ORDERED that the judgment is reversed, on the law, and a new trial is ordered.

The defendant contends that the trial court erred in denying his request to present the Grand Jury testimony of Anton Stewart, who testified at the Grand Jury that the defendant was framed by the police, and who had since become unavailable to testify at trial.   We agree.

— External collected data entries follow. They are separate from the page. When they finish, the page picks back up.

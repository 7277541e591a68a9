-- ===== src/Stream/Engine/Entries.antt =====
-- The engine's calls keep its entries in order, and touch one key only.
use mathlib.Core.Path.{subst}
use cam_server.Base.{
  ap, ℕ, ◌+◌, ◌<◌, ◌≡◌, ◌≢◌, refl, ◌∙◌, Option, none, some, String, arith, Bool-cases, Option-cases,
  inl, inr, lookup, lookup-insert_self, lookup-insert, lookup-delete, Result, eq_iff,
}
use cam_server.Stream.Engine.{
  StreamKey, text_of, is_zero, StreamState, stopped, starting, Engine, EngineError, set_state,
  add_entry, drop_entry, running, patience, wait_for, rounds, finish_wait, Surroundings,
  start_stream, ensure_stream, stop_stream, state_of,
}
use cam_server.Stream.Fanout.{LiveStream}

-- Every entry has an address that was given out, and no two keys share one.
pub record IsEngine (e : Engine) : Type 0 where
  pub given : (k : String) (a : ℕ) → lookup k e.entries ≡ some a → a < e.next
  pub apart :
      (j k : String) (a : ℕ) → lookup j e.entries ≡ some a → lookup k e.entries ≡ some a → j ≡ k

-- An engine in order, of which `State` says the same for every other key.
abbrev pub Keeps : StreamKey → Engine → Engine → Type 0
Keeps key e e' =
    IsEngine e'
    × ((other : StreamKey) → text_of other ≢ text_of key → state_of other e' ≡ state_of other e)

Keeps-trans :
    (key : StreamKey) (e1 e2 e3 : Engine) → Keeps key e1 e2 → Keeps key e2 e3 → Keeps key e1 e3
Keeps-trans key e1 e2 e3 h k = (k.0, λ other apart. k.1 other apart ∙ h.1 other apart)

set_state-Keeps :
    (key : StreamKey) (a : ℕ) (s : StreamState) (e : Engine)
    → IsEngine e
    → lookup (text_of key) e.entries ≡ some a
    → Keeps key e (set_state a s e)
unfolding set_state state_of
set_state-Keeps key a s e h own = (
  record { given = h.given; apart = h.apart },
  λ other differs. elim (Option-cases (lookup (text_of other) e.entries)) [
    | inl f ↦ ground (arith, f)
    | inr (b, f) ↦
        let distinct : b ≢ a =
          λ same. differs (h.apart (text_of other) (text_of key) a (f ∙ ap some same) own) in
        ground (arith, f, distinct)
  ],
)

add_entry-Keeps :
    (now : ℕ) (id : String) (key : StreamKey) (e : Engine)
    → IsEngine e
    → Keeps key e (add_entry now id key e)
unfolding add_entry state_of
add_entry-Keeps now id key e h =
    let law = λ (k : String). lookup-insert (text_of key) k e.next e.entries in
    (
      record {
        given = λ k a there. ground (arith, there, law k, h.given k a);
        apart = λ j k a there there'. ground (
          arith,
          there,
          there',
          law j,
          law k,
          h.given k a,
          h.given j a,
          h.apart j k a,
          eq_iff (text_of key) j,
          eq_iff (text_of key) k,
        );
      },
      λ other differs. elim (Option-cases (lookup (text_of other) e.entries)) [
        | inl f ↦
            ground (arith, f, law (text_of other), eq_iff (text_of key) (text_of other), differs)
        | inr (b, f) ↦ ground (
          arith,
          f,
          law (text_of other),
          eq_iff (text_of key) (text_of other),
          differs,
          h.given (text_of other) b f,
        )
      ],
    )

drop_entry-Keeps : (key : StreamKey) (e : Engine) → IsEngine e → Keeps key e (drop_entry key e)
unfolding drop_entry state_of
drop_entry-Keeps key e h =
    let law = λ (k : String). lookup-delete (text_of key) k e.entries in
    (
      record {
        given = λ k a there. ground (arith, there, law k, h.given k a);
        apart = λ j k a there there'. ground (arith, there, there', law j, law k, h.apart j k a);
      },
      λ other differs.
          ground (arith, law (text_of other), eq_iff (text_of key) (text_of other), differs),
    )

entry_there :
    (now : ℕ) (id : String) (key : StreamKey) (s : StreamState) (e : Engine)
    → lookup (text_of key) (set_state e.next s (add_entry now id key e)).entries ≡ some e.next
unfolding set_state add_entry
entry_there now id key s e = lookup-insert_self (text_of key) e.next e.entries

-- The new entry in a state, and in another one after it.
started-Keeps :
    (now : ℕ) (id : String) (key : StreamKey) (s : StreamState) (e : Engine)
    → IsEngine e
    → Keeps key e (set_state e.next s (set_state e.next starting (add_entry now id key e)))
unfolding set_state
started-Keeps now id key s e h =
    let added = add_entry-Keeps now id key e h in
    let own = entry_there now id key starting e in
    let e1 = add_entry now id key e in
    let e2 = set_state e.next starting e1 in
    let first = set_state-Keeps key e.next starting e1 added.0 own in
    Keeps-trans key e e2 (set_state e.next s e2) (Keeps-trans key e e1 e2 added first)
      (set_state-Keeps key e.next s e2 first.0 own)

dropped-Keeps :
    (now : ℕ) (id : String) (key : StreamKey) (s : StreamState) (e : Engine)
    → IsEngine e
    → Keeps key e
        (drop_entry key (set_state e.next s (set_state e.next starting (add_entry now id key e))))
dropped-Keeps now id key s e h =
    let kept = started-Keeps now id key s e h in
    let e3 = set_state e.next s (set_state e.next starting (add_entry now id key e)) in
    Keeps-trans key e e3 (drop_entry key e3) kept (drop_entry-Keeps key e3 kept.0)

finish_wait-Keeps :
    (now : ℕ) (id : String) (key : StreamKey) (o : Option LiveStream) (e : Engine)
    → IsEngine e
    → Keeps key e (finish_wait e.next id o (set_state e.next starting (add_entry now id key e))).0
unfolding finish_wait
finish_wait-Keeps now id key none e h = started-Keeps now id key _ e h
finish_wait-Keeps now id key (some s) e h = started-Keeps now id key _ e h

-- What a call may return.
abbrev Kept :
    StreamKey → Engine → Option (Engine × Result EngineError (String × LiveStream)) → Type 0
Kept key e none = Unit
Kept key e (some r) = Keeps key e r.0

start_stream-Kept :
    (now : ℕ) (id : String) (key : StreamKey) (w : Surroundings) (e : Engine)
    → IsEngine e
    → Kept key e (start_stream now id key w e)
unfolding start_stream
start_stream-Kept now id key w e h = elim (Option-cases w.ingest) [
  | inl a ↦ rw (a, start_stream) (dropped-Keeps now id key stopped e h)
  | inr (some why, a) ↦ rw (a, start_stream) (dropped-Keeps now id key stopped e h)
  | inr (none, a) ↦ elim (Option-cases (wait_for w.clock w.seen rounds (w.begin + patience) 0)) [
    | inl b ↦ rw (a, b, start_stream) tt
    | inr (o, b) ↦ rw (a, b, start_stream) (finish_wait-Keeps now id key o e h)
  ]
]

ensure_stream-Kept :
    (now : ℕ) (id : String) (key : StreamKey) (w : Surroundings) (e : Engine)
    → IsEngine e
    → Kept key e (ensure_stream now id key w e)
unfolding ensure_stream
ensure_stream-Kept now id key w e h = elim (Bool-cases (is_zero key)) [
  | inl z ↦ rw (z, ensure_stream) (h, λ other differs. refl)
  | inr z ↦ elim (Option-cases (running key w.seen_fast e)) [
    | inr (r, a) ↦ rw (z, a, ensure_stream) (h, λ other differs. refl)
    | inl a ↦ elim (Option-cases (running key w.seen_locked e)) [
      | inr (r, b) ↦ rw (z, a, b, ensure_stream) (h, λ other differs. refl)
      | inl b ↦ rw (z, a, b, ensure_stream) (start_stream-Kept now id key w e h)
    ]
  ]
]

stop_stream-Keeps : (key : StreamKey) (e : Engine) → IsEngine e → Keeps key e (stop_stream key e).0
unfolding stop_stream set_state drop_entry
stop_stream-Keeps key e h = elim (Option-cases (lookup (text_of key) e.entries)) [
  | inl f ↦ rw (f, stop_stream) (h, λ other differs. refl)
  | inr (a, f) ↦
      let kept = set_state-Keeps key a stopped e h f in
      let e1 = set_state a stopped e in
      rw (f, stop_stream)
        (Keeps-trans key e e1 (drop_entry key e1) kept (drop_entry-Keeps key e1 kept.0))
]

-- In an engine whose entries have addresses of their own, `EnsureStream` and `StopStream`, on every branch,
-- keep them so, and what `State` says of every key with another text.
pub engine_calls-Keeps :
    (now : ℕ) (id : String) (key : StreamKey) (w : Surroundings) (e e' : Engine)
    (r : Result EngineError (String × LiveStream))
    → IsEngine e
    → ensure_stream now id key w e ≡ some (e', r)
    → Keeps key e e' × Keeps key e (stop_stream key e).0
engine_calls-Keeps now id key w e e' r h returned =
    (subst (Kept key e) returned (ensure_stream-Kept now id key w e h), stop_stream-Keeps key e h)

 It is now recognized that a defendant's constitutional right to due process requires the admission of hearsay evidence consisting of Grand Jury testimony when the declarant has become unavailable to testify at trial, and the hearsay testimony is material, exculpatory, and has sufficient indicia of reliability (see, People v. Robinson, 89 N.Y.2d 648, 657 N.Y.S.2d 575, 679 N.E.2d 1055;  People v. Tinh Phan, 208 A.D.2d 659, 617 N.Y.S.2d 480;  Rosario v. Kuhlman, 839 F.2d 918).   Here, there can be no doubt that Stewart's Grand Jury testimony was both material and exculpatory since, if believed, it would have established that the police wrongly placed contraband from another arrestee's property envelope into the defendant's property envelope so that the defendant would be falsely charged with criminal conduct.   Moreover, upon review of Stewart's Grand Jury testimony, it is apparent that the prosecutor had a full and fair opportunity to examine Stewart, thus satisfying the “indicia of reliability” branch of the test (see, People v. Robinson, supra) Finally, the record of the hearing that was held on the defendant's application to admit Stewart's Grand Jury testimony reveals that the defense exercised due diligence in attempting to locate Stewart (see, People v. Duncan, 230 A.D.2d 750, 646 N.Y.S.2d 362;  People v. Maldonado, 210 A.D.2d 259, 619 N.Y.S.2d 730;  People v. Wiggins, 189 A.D.2d 908, 593 N.Y.S.2d 62).   Under these circumstances, the erroneous exclusion of the proffered evidence constituted reversible error (see, People v. Robinson, supra).

Although we are reversing the defendant's conviction and ordering a new trial, we note that the defendant failed to raise an inference of purposeful discrimination so as to establish a prima facie case of a Batson violation (see, People v. Jenkins, 84 N.Y.2d 1001, 622 N.Y.S.2d 509, 646 N.E.2d 811;  People v. Childress, 81 N.Y.2d 263, 598 N.Y.S.2d 146, 614 N.E.2d 709;  People v. Steele, 79 N.Y.2d 317, 582 N.Y.S.2d 950, 591 N.E.2d 1136;  People v. Vidal, 212 A.D.2d 553, 622 N.Y.S.2d 323).

The sentence imposed was not excessive (see, People v. Suitte, 90 A.D.2d 80, 455 N.Y.S.2d 675).   The defendant's remaining contentions are without merit.